I’ll go in on another daytime to play around again, and risk it for longer and wait for more complaints this time round. I myself had no problems browsing and I don’t think anybody else did either apart from this one girl and her Outlook Web tab.

This is a request to Peplink - are you able to reveal the rules that are stored under the ‘Highest Compatibility’ setting in the Outbound Policy? Is it a multitude of rules for ten’s of applications, or just a couple of rules? Just out of curiosity really.

Thanks!

Hello,

So just to post what I think is the solution for anybody load balancing multi WANs on a Peplink along with a UniFi setup on top, I had a suspicion of the issue (the UniFi Cloud Key acting unstable because of the 4 X WAN links, and eventually making a mess of the WiFi network) and I tried something which looks to have worked.

I set an outbound policy above the standard HTTPS Persistence rule - I added a rule enforcing the IP for the UniFi Cloud Key through just one of the WAN links, and this has stabilised everything now. I’m able to connect into the Cloud Key remotely without it acting intermittently when trying to access the UniFi settings, and also as a result, it’s not making a connect/disconnect mess of the WiFi network as it got confused with the 4 x WAN routes. As the UniFi system is heavily cloud based, this was clearly an issue.

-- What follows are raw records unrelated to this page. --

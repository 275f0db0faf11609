-- ===== src/CppLintState/Filters.antt =====
-- Which filter lists are accepted, and that a backup brings the filters back.
use cs.Base.{
  ◌≡◌, ◌↔◌, refl, true, Bool-cases, inl, inr, Option, none, List, [], ◌∷◌, ◌++◌, Text, All, arith,
  split, starts_with,
}
use cs.CppLintState.{
  CppLintState, is_signed, first_unsigned, clean_filters, value_error, add_filters, set_filters,
  backup_filters, restore_filters,
}

abbrev pub IsSigned : Text → Type 0
IsSigned filt = is_signed filt ≡ true

pub first_unsigned_iff : (l : List Text) → (first_unsigned l ≡ none) ↔ All IsSigned l
unfolding first_unsigned starts_with
first_unsigned_iff [] = ((λ _. tt), (λ _. refl))
first_unsigned_iff (f ∷ l) = elim (Bool-cases (is_signed f)) [
  | inl e ↦ rw e ((λ h. (refl, (first_unsigned_iff l).0 h)), (λ h. (first_unsigned_iff l).1 h.1))
  | inr e ↦ rw e ((λ h. cc), (λ h. cc (h.0)))
]

value_error_iff : (o : Option Text) → (value_error o ≡ none) ↔ (o ≡ none)
value_error_iff o = ground arith

-- `add_filters` raises no error exactly when every filter, those that were there and the new ones,
-- begins with a plus or a minus sign; and whether it raises one or not, the new filters stand
-- behind the old ones and nothing else is changed.
pub add_filters_effect :
    (filters : Text) (s : CppLintState)
    → let r = add_filters filters s in
      ((r.0 ≡ none) ↔ All IsSigned (s.filters ++ clean_filters (split b',' filters)))
      × (r.1 ≡ record s { filters = s.filters ++ clean_filters (split b',' filters) })
unfolding add_filters
add_filters_effect filters s =
    let (to, from) = first_unsigned_iff (s.filters ++ clean_filters (split b',' filters)) in
    let (raises, back) =
      value_error_iff (first_unsigned (s.filters ++ clean_filters (split b',' filters))) in
    ((λ h. to (raises h), λ h. back (from h)), refl)

-- Settings made on the command line or in a configuration file.
pub data Change : Type 0 where
  add : Text → Change
  put : Text → Change

unfoldable pub change : List Change → CppLintState → CppLintState
change [] s = s
change (add f ∷ cs) s = change cs (add_filters f s).1
change (put f ∷ cs) s = change cs (set_filters f s).1

change-keeps :
    (cs : List Change) (s : CppLintState) → (change cs s).filters_backup ≡ s.filters_backup
unfolding change add_filters set_filters
change-keeps [] s = refl
change-keeps (add f ∷ cs) s = change-keeps cs _
change-keeps (put f ∷ cs) s = change-keeps cs _

-- Whatever filters are added or set after a backup, accepted or refused, restoring brings back the
-- filters that the backup saw.
pub restore-backup :
    (cs : List Change) (s : CppLintState)
    → (restore_filters (change cs (backup_filters s))).filters ≡ s.filters
unfolding restore_filters backup_filters
restore-backup cs s = change-keeps cs _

The student hall is now getting occupied bit by bit, there must be more students in there now than there was when I made the initial post (since then I’ve just had everyone running off one WAN link whilst I tried things out), must be at least 20 students - half occupancy, with more to come.

The Peplink is now working great, load balancing everybody across 4 x FTTC 80mbit WAN links - throughput isn’t a problem, nobody’s complaining - all good! Solved!